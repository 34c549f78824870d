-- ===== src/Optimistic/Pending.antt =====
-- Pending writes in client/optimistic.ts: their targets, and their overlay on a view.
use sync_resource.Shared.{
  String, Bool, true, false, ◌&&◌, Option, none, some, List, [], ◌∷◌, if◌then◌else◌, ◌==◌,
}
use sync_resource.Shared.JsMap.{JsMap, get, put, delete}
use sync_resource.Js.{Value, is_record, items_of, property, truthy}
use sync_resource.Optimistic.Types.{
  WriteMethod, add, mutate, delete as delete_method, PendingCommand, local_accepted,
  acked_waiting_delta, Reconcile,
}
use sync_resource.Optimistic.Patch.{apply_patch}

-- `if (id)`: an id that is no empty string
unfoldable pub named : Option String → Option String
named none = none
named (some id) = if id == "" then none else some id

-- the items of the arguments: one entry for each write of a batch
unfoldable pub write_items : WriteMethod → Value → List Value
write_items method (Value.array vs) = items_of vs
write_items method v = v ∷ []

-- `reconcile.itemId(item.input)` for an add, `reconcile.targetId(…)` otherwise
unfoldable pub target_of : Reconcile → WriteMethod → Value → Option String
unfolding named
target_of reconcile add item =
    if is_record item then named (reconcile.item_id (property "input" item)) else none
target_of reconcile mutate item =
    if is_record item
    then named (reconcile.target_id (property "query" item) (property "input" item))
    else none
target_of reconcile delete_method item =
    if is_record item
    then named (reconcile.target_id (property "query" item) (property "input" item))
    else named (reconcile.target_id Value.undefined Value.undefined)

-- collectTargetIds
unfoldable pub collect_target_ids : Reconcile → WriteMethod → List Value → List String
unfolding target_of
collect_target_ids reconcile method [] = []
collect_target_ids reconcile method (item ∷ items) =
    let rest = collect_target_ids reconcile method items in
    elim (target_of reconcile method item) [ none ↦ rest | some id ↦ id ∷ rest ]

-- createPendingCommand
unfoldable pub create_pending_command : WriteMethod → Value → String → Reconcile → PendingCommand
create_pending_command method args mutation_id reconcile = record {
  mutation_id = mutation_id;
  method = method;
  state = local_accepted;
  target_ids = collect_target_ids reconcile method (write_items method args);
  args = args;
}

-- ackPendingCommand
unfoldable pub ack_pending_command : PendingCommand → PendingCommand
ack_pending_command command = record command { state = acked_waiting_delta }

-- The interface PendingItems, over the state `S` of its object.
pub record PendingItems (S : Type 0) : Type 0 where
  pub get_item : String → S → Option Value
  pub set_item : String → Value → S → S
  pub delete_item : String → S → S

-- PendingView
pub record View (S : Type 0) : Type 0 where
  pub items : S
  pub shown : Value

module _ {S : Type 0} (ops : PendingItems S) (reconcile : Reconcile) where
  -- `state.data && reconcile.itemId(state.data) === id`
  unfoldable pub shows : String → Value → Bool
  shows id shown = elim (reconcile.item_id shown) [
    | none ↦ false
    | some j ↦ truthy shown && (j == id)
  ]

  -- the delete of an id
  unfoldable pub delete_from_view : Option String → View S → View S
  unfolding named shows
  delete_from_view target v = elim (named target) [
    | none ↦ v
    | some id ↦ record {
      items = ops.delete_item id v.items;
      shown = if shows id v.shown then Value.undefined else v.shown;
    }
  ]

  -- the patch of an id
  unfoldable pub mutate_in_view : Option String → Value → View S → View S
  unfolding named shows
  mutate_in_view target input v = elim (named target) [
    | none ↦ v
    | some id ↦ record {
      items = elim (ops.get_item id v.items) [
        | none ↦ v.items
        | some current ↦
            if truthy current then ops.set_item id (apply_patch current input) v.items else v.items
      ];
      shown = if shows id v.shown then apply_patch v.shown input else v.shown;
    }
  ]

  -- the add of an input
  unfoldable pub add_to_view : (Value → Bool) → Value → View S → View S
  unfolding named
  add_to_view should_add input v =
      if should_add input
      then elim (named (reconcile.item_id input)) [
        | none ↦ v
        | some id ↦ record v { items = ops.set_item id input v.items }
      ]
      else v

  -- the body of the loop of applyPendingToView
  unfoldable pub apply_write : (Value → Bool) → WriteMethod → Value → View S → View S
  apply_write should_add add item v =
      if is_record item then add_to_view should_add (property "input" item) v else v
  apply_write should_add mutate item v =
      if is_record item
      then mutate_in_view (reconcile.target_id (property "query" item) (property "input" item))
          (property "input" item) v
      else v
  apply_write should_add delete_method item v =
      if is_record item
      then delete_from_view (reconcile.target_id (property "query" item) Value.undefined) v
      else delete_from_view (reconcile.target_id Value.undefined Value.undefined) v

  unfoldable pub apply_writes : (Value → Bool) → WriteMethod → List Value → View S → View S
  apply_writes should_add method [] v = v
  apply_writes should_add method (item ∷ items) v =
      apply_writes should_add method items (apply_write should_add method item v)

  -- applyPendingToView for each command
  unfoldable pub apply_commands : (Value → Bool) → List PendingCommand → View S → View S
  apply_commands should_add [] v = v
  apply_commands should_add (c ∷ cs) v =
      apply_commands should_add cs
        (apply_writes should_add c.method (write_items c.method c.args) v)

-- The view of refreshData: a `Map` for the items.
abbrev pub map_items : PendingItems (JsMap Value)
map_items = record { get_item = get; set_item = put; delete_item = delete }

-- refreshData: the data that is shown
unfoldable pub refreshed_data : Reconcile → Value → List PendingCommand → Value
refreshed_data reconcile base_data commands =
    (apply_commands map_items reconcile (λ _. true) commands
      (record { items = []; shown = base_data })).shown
☆ ☆ ☆ ☆
● PROBLEM TO WORK ON: Please find every line in the records above that holds the word "each" and copy it.

● THE ANSWER:
-- the items of the arguments: one entry for each write of a batch
  -- applyPendingToView for each command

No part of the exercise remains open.